# Suche spezielles Notebook



## Cstar (1. Juni 2004)

Hi,

seit 2 Wochen bin ich schon im Netz unterwegs um ein Centrino-Notebook zu finden, das folgende Mindestanforderungen erfüllt:

-Centrino 1.5 Mhz
-512 mb RAM
-15" Display, gut beleuchtet
-Standardanschlüsse (Parallel, LAN, Modem, USB)
-ausreichend gute Grafikkarte (muss nicht unbedingt Nvidia/Ati sein, wäre aber gut!)
-Linuxkompatibel
-Preisklasse: < 1400 €

Der Rest ist mir eigentlich egal. Jedenfalls sollte er Standard sein...

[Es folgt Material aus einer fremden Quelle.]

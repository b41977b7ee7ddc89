-- ===== src/Client.antt =====
-- The client program, examples/zuthClient.c, and the service calls of include/zuthClientSend.h. What
-- it prints, and the settings of ZooKeeper's log, are not modelled.
pub mod Libraries
pub mod Balanced
pub mod Threads
pub mod Fault
use ua_rate_throttling.Common.{
  ℕ, Bool, ◌&&◌, Option, none, some, List, [], ◌∷◌, ◌++◌, Bytes, codes, snprintf, ◌==◌,
  if◌then◌else◌, ◌>>=◌,
}
use ua_rate_throttling.Guid.{print_guid}
use ua_rate_throttling.Config.{
  Config, Reading, exited, overrun, loaded, out_of_fuel, read_conf_file,
}
use ua_rate_throttling.Znode.{
  Globals, init_globals, set_group_guid_path, set_queue_path, encode_server_queue_path, server_uri,
  buffer_size,
}
use ua_rate_throttling.Queue.Libraries.{Host}
use ua_rate_throttling.Chunk.{good}
use ua_rate_throttling.Chunk.Libraries.{Stack}
use ua_rate_throttling.Service.{Receiving, client_service, get_client_endpoint_url}
use ua_rate_throttling.Service.Libraries.{UaClient, RequestHeader, Response, Network}
use Libraries.{Platform}
use ua_rate_throttling.Memory.{
  Resource, client, server_dst, endpoint_array, group_guid, task_path, free_all, free_configs,
  configs,
}

-- `UA_NS0ID_SERVER_SERVERSTATUS_CURRENTTIME`
abbrev pub current_time_id : ℕ
current_time_id = 2258

-- `UA_ATTRIBUTEID_VALUE`
abbrev pub attribute_value : ℕ
attribute_value = 13

-- What `init_UA_client` changes: the globals of src/zk_cli.c, the memory that it holds, and the world.
pub record Run (World : Type 0) : Type 0 where
  pub globals : Globals
  pub held : List Resource
  pub world : World

module _ (host : Host) (stack : Stack host) (network : Network host stack)
    (platform : Platform host stack network) where
  open platform use {
    new_client, get_endpoints, connect_username, disconnect, attr_init, attr_setscope,
    attr_setdetachstate, create,
  }

  -- `ZUTH_Client_Service_read` and `ZUTH_Client_Service_write`: the request is a copy, so that its
  -- header does not come back.
  unfoldable pub client_service_request :
      ℕ
      → Bytes
      → RequestHeader network.NodeId
      → network.Request
      → UaClient network.NodeId
      → host.World
      → Option (Receiving host stack network)
  client_service_request fuel path header request c w = do
    (header', received) ← client_service host stack network fuel path header request c w
    some received

  -- `readDateTime`, up to the counter of the threads: one call, and the date in the response, which
  -- is printed. `none` is a read through a null pointer.
  unfoldable pub read_date_time :
      ℕ
      → Bytes
      → UaClient network.NodeId
      → host.World
      → Option (UaClient network.NodeId × host.World)
  unfolding client_service_request
  read_date_time fuel path c w = do
    ((response, c'), w') ←
        client_service_request fuel path platform.init_header
          (platform.read_request 0 current_time_id attribute_value) c w
    date ← platform.first_date response.body
    some (c', w')

  -- The loop that creates the threads, which has one round, and the wait for them: the thread runs
  -- if it can be created.
  unfoldable pub run_threads :
      ℕ
      → Bytes
      → UaClient network.NodeId
      → host.World
      → Option (UaClient network.NodeId × host.World)
  unfolding read_date_time
  run_threads fuel path c w =
      let read = read_date_time fuel path c w in
      if attr_init w && attr_setscope w && attr_setdetachstate w && create w
      then read
      else some (c, w)

  -- `init_UA_client` behind the connect. The strings are not changed any more.
  unfoldable pub submit_tasks :
      ℕ → Config → UaClient network.NodeId → Run host.World → Option (Run host.World)
  unfolding run_threads
  submit_tasks fuel c ua run =
      let guid = snprintf buffer_size (print_guid c.guid) in
      let globals = set_queue_path (set_group_guid_path guid run.globals) in
      let path = encode_server_queue_path (get_client_endpoint_url ua) globals in
      do
        (ua', w) ← run_threads fuel path ua run.world
        held ←
            free_all (task_path ∷ group_guid ∷ server_dst ∷ []) (task_path ∷ group_guid ∷ run.held)
        held' ← free_configs held
        held'' ← free_all (client ∷ []) held'
        some (record { globals = globals; held = held''; world = disconnect ua' w })

  -- A connect that fails.
  unfoldable pub no_connection : Run host.World → Option (Run host.World)
  no_connection run = do
    held ← free_all (server_dst ∷ []) run.held
    held' ← free_configs held
    held'' ← free_all (client ∷ []) held'
    some (record run { held = held'' })

  -- A list of endpoints that cannot be had.
  unfoldable pub no_endpoints : Run host.World → Option (Run host.World)
  no_endpoints run = do
    held ← free_all (endpoint_array ∷ client ∷ server_dst ∷ []) run.held
    held' ← free_configs held
    some (record run { held = held' })

  -- `init_UA_client`
  unfoldable pub init_ua_client : ℕ → Config → Run host.World → Option (Run host.World)
  unfolding submit_tasks no_connection no_endpoints
  init_ua_client fuel c run =
      let (ua, w) = new_client run.world in
      let dst = server_uri c.hostname c.ua_port in
      let (rc, (ua1, w1)) = get_endpoints ua dst w in
      let (rc', (ua2, w2)) = connect_username ua1 dst c.username c.password w1 in
      let run1 = record run {
        held = endpoint_array ∷ server_dst ∷ client ∷ run.held;
        world = w1;
      } in
      if rc == good
      then (do
        held ← free_all (endpoint_array ∷ []) run1.held
        let run2 = record run { held = held; world = w2 }
        let submitted = submit_tasks fuel c ua2 run2
        let unconnected = no_connection run2
        if rc' == good then submitted else unconnected)
      else no_endpoints run1

  -- How the program ends: with the code of `exit` or `return`, or undefined.
  pub data Ending : Type 0 where
    ended : (code : ℕ) → Option (Run host.World) → Ending
    undefined : Ending

  -- The part of `main` that has a configuration.
  unfoldable pub run_client : ℕ → Config → host.World → Ending
  unfolding init_ua_client
  run_client fuel c w =
      let (zh, w1) = platform.zookeeper_init c.zookeeper_quorum w in
      let run : Run host.World = record { globals = init_globals; held = configs; world = w1 } in
      if zh
      then elim (init_ua_client fuel c run) [
        | none ↦ undefined
        | some run' ↦ ended 0 (some (record run' { world = platform.zookeeper_close run'.world }))
      ]
      else ended (platform.errno w1) none

  -- `main`, with the bytes of "clientConf.txt".
  unfoldable pub main : ℕ → Option Bytes → host.World → Ending
  unfolding run_client
  main fuel file w = elim (read_conf_file file) [
    | exited ↦ ended 255 none
    | overrun ↦ undefined
    | loaded c ↦ run_client fuel c w
    | out_of_fuel ↦ undefined
  ]
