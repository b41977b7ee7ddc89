-- ===== src/Client/Balanced.antt =====
-- The memory of `init_UA_client` of examples/zuthClient.c.
use ua_rate_throttling.Common.{
  ℕ, ◌≡◌, ◌∷◌, Option-cases, inl, inr, refl, Bool-cases, Option, none, some, List, ◌++◌, snprintf,
  ◌==◌, if◌then◌else◌, ◌>>=◌,
}
use ua_rate_throttling.Guid.{print_guid}
use ua_rate_throttling.Config.{Config}
use ua_rate_throttling.Znode.{
  Globals, set_group_guid_path, set_queue_path, encode_server_queue_path, server_uri, buffer_size,
}
use ua_rate_throttling.Queue.Libraries.{Host}
use ua_rate_throttling.Chunk.{good}
use ua_rate_throttling.Chunk.Libraries.{Stack}
use ua_rate_throttling.Service.Libraries.{UaClient, Network}
use ua_rate_throttling.Client.{
  Run, run_threads, submit_tasks, no_connection, no_endpoints, init_ua_client,
}
use ua_rate_throttling.Client.Libraries.{Platform}
use ua_rate_throttling.Memory.{
  Resource, server_dst, client, configs, free, free_all, free_configs, code_of,
}

module _ (host : Host) (stack : Stack host) (network : Network host stack)
    (platform : Platform host stack network) where
  open platform use {new_client, get_endpoints, connect_username, disconnect}

  -- What the function does apart from its memory: the calls of a client that is connected.
  unfoldable pub submit :
      ℕ → Config → UaClient network.NodeId → Globals → host.World → Option (Globals × host.World)
  submit fuel c ua globals w =
      let globals' =
        set_queue_path (set_group_guid_path (snprintf buffer_size (print_guid c.guid)) globals) in
      do
        (ua', w') ←
            run_threads host stack network platform fuel
              (encode_server_queue_path ua.endpoint_url globals') ua w
        some (globals', disconnect ua' w')

  -- All calls.
  unfoldable pub calls : ℕ → Config → Globals → host.World → Option (Globals × host.World)
  unfolding submit
  calls fuel c globals w =
      let (ua, w') = new_client w in
      let (rc, (ua1, w1)) = get_endpoints ua (server_uri c.hostname c.ua_port) w' in
      let (rc', (ua2, w2)) =
        connect_username ua1 (server_uri c.hostname c.ua_port) c.username c.password w1 in
      let submitted = submit fuel c ua2 globals w2 in
      if rc == good
      then (if rc' == good then submitted else some (globals, w2))
      else some (globals, w1)

  abbrev pub leave : List Resource → Option (Globals × host.World) → Option (Run host.World)
  leave held none = none
  leave held (some (globals, w)) = some (record { globals = globals; held = held; world = w })

  -- The string and the client that are left when the list of endpoints is freed.
  submit-Balanced :
      (fuel : ℕ) (c : Config) (ua : UaClient network.NodeId) (globals : Globals)
      (other : List Resource) (w : host.World)
      → submit_tasks host stack network platform fuel c ua
          (record { globals = globals; held = server_dst ∷ client ∷ configs ++ other; world = w })
        ≡ leave other (submit fuel c ua globals w)
  unfolding submit_tasks submit free free_all free_configs code_of
  submit-Balanced fuel c ua globals other w =
      let globals' =
        set_queue_path (set_group_guid_path (snprintf buffer_size (print_guid c.guid)) globals) in
      elim (Option-cases (
        run_threads host stack network platform fuel
          (encode_server_queue_path ua.endpoint_url globals') ua w)) [
            | inl fault ↦ rw fault refl
            | inr (x, read) ↦ rw read refl
          ]

  -- On each of its three ways out, when the list of endpoints cannot be had, when the connection
  -- fails, and behind the tasks, the function has freed the configuration and all that it allocated,
  -- once each, and nothing else; apart from that it makes the calls of the reference.
  pub init_ua_client-Balanced :
      (fuel : ℕ) (c : Config) (globals : Globals) (other : List Resource) (w : host.World)
      → init_ua_client host stack network platform fuel c
          (record { globals = globals; held = configs ++ other; world = w })
        ≡ leave other (calls fuel c globals w)
  unfolding init_ua_client calls no_connection no_endpoints free free_all free_configs code_of
  init_ua_client-Balanced fuel c globals other w =
      let (ua, w') = new_client w in
      let (rc, (ua1, w1)) = get_endpoints ua (server_uri c.hostname c.ua_port) w' in
      let (rc', (ua2, w2)) =
        connect_username ua1 (server_uri c.hostname c.ua_port) c.username c.password w1 in
      elim (Bool-cases (rc == good)) [
        | inr none_listed ↦ rw none_listed refl
        | inl listed ↦ elim (Bool-cases (rc' == good)) [
          | inr failed ↦ rw (listed, failed) refl
          | inl connected ↦ rw (listed, connected) (submit-Balanced fuel c ua2 globals other w2)
        ]
      ]
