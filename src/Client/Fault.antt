-- ===== src/Client/Fault.antt =====
-- What the client program does with a response that has no results.
use ua_rate_throttling.Common.{ℕ, ◌≡◌, ◌≢◌, refl, none, Bytes, ◌==◌, false, arith}
use ua_rate_throttling.Queue.Libraries.{Host}
use ua_rate_throttling.Chunk.{good}
use ua_rate_throttling.Chunk.Libraries.{Stack}
use ua_rate_throttling.Service.{client_service}
use ua_rate_throttling.Service.Libraries.{UaClient, Network}
use ua_rate_throttling.Client.{read_date_time, client_service_request}
use ua_rate_throttling.Client.Libraries.{Platform}

-- `readDateTime` reads through a null pointer whenever the channel cannot be renewed: the response
-- of the service call is then as `UA_init` left it, with no results, and its service result is not
-- looked at.
pub read_date_time-Fault :
    (host : Host) (stack : Stack host) (network : Network host stack)
    (platform : Platform host stack network) (fuel : ℕ) (task_path : Bytes)
    (c : UaClient network.NodeId) (w : host.World)
    → platform.first_date network.init_body ≡ none
    → (network.renew_secure_channel c w).0 ≢ good
    → read_date_time host stack network platform fuel task_path c w ≡ none
unfolding read_date_time client_service_request client_service
read_date_time-Fault host stack network platform fuel task_path c w empty expired =
    let failed : ((network.renew_secure_channel c w).0 == good) ≡ false = ground arith in
    rw (failed, empty) refl
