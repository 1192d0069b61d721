-- ===== src/Lib.antt =====
-- streamserver-cvn: a server for MPEG transport streams, with tools to dump and split them.
--
-- The program reads transport stream packets of 188 bytes (with a prefix of 4 bytes, where it is so
-- configured), takes their fields apart, and serves them over HTTP. These files model:
--
--   Bits             numbers as strings of bits, the vocabulary of the specifications
--   BitStream        libmedia/tsprimitive.h, the class BitStream: taking and putting bits and byte
--                    arrays. BitStream/Reading and BitStream/Arrays describe reading by the bits
--                    that are still to come, BitStream/Writing and BitStream/Putting writing by
--                    the bits that have been put.
--   BitFields        libmedia/tsprimitive.h, the operators of bslbf, uimsbf and tcimsbf
--   PacketV2         libmedia/tspacketv2.h. PacketV2/Parser and PacketV2/Generator are the two
--                    implementations in libmedia/tspacketv2.cpp, PacketV2/Layout the bits of a packet
--                    by the standard.
--   TsPacket         libmedia/tspacket.{h,cpp}, the packet of the first API version. Its Parser is the
--                    adaptation field, its Packet the whole packet.
--   Ranges           libinfra/numericrange.h
--   Duration         libinfra/humanreadable.cpp, timeDuration
--   Writer           libmedia/tswriter.cpp, the queue of bytes
--   Reader           libmedia/tsreader.cpp: finding packets in a buffer (checkIsReady). Reader/Device
--                    is readData and drainBuffer over it.
--   Splitter         ts-split/splitter.cpp: requests, results and templates. Splitter/Handlers are the
--                    handlers of the reader's signals, which write through a Writer for each file.
--                    Splitter/Whole puts reader and splitter together.
--   StreamClient     streamserver-cvn-cli/streamclient.cpp, over Http/Connection
--   StreamServer     streamserver-cvn-cli/streamserver.cpp: finding packets in the input.
--                    StreamServer/Input is processInput, which sends on to the stream clients.
--                    StreamServer/Received, Sent and Judging describe what is read and sent by the
--                    bytes of the input.
--   Http/WhiteSpace  streamserver-cvn-cli/http/httputil.cpp, simplifiedLinearWhiteSpace
--   Http/Header      streamserver-cvn-cli/http/httpheader_netside.cpp
--   Http/Request     streamserver-cvn-cli/http/httprequest_netside.cpp, which fills in a Header
--   Http/Response    streamserver-cvn-cli/http/httpresponse.cpp
--   Http/Server      streamserver-cvn-cli/http/httpserver.cpp, Server::processRequest. Http/Server/Ports
--                    describes the port of a host by its text.
--   Http/Connection  streamserver-cvn-cli/http/httpserver.cpp, a client and its context
--
-- A packet parser takes a bit stream and fills in a record that the caller passes; a request takes
-- chunks of bytes. Code that throws returns an Outcome, which keeps the state at the throw. The
-- reader emits signals, a list of events, and the splitter handles them one by one. The HTTP client
-- feeds a request with what its socket reads, has the server judge it, and sends the response, whose
-- body the stream client makes of the packets in its queue. The stream server reads packets from its
-- input and puts each into the queue of every client.
--
-- Integers are native numbers, with the wrap-around written out where the source's type can wrap. A
-- field of a packet is the unsigned number that its bits spell. The loop of processChunk runs on
-- fuel, one more than the bytes in the buffer, and each round that goes on consumes bytes. The loop
-- that reads a field runs on its width. Packets of a buffer are counted on fuel, its length, since a
-- packet has a byte at least. The loop of checkIsReady need not end, so its fuel is an argument and a
-- result says when it has run out; for a stream of whole packets of a set size three rounds are
-- enough. The loop that fills a send buffer up to 1024 bytes has fuel for one round more than it can
-- make, since each round but the last adds a byte. The passes of a re-sync are counted down from the
-- source's limit of 208.
--
-- Not modelled: sockets, timers, files and signals, which are Qt's; debug output and logging; the
-- conversion store, and the overloads of the parser and the generator over its nodes; the reader,
-- the writer, the stream server and its clients with packets of the second API version; how long the
-- stream server sleeps to keep pace, and its shutdown; what is torn down behind a disconnect; and the command lines. A device that is read
-- or written is the list of its answers, and the text of a number is a function that the definitions
-- take. Clock values in seconds, which are floating point, are of a type that the reader and the
-- stream server take with its order.
pub mod Prelude
pub mod Bits
pub mod BitStream
pub mod BitFields
pub mod PacketV2
pub mod TsPacket
pub mod Ranges
pub mod Duration
pub mod Reader
pub mod Writer
pub mod Splitter
pub mod StreamClient
pub mod StreamServer
pub mod Http
pub mod Tests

Kennt ihr irgendwelche NBs die diese Bedingungen erfüllen? Erfahrungen?

Gibt es im Netz eine Seite, auf der alle aktuellen Angebote zusammengestellt sind und auf der man  Notebooks nach speziellen Kriterien (z.B. Höchstpreis, CPU, RAM, etc.) suchen kann?

Vielen Dank!


----------



## Pardon_Me (2. Juni 2004)

Hallo,

hier sind eine paar Seiten auf denen es Tests gibt:
http://www.zdnet.de/
http://www.xonio.com/
http://www.chip.de

Bzgl. Preis:
http://www.geizkragen.de

Ansonsten direkt bei Händler-Homepages schauen...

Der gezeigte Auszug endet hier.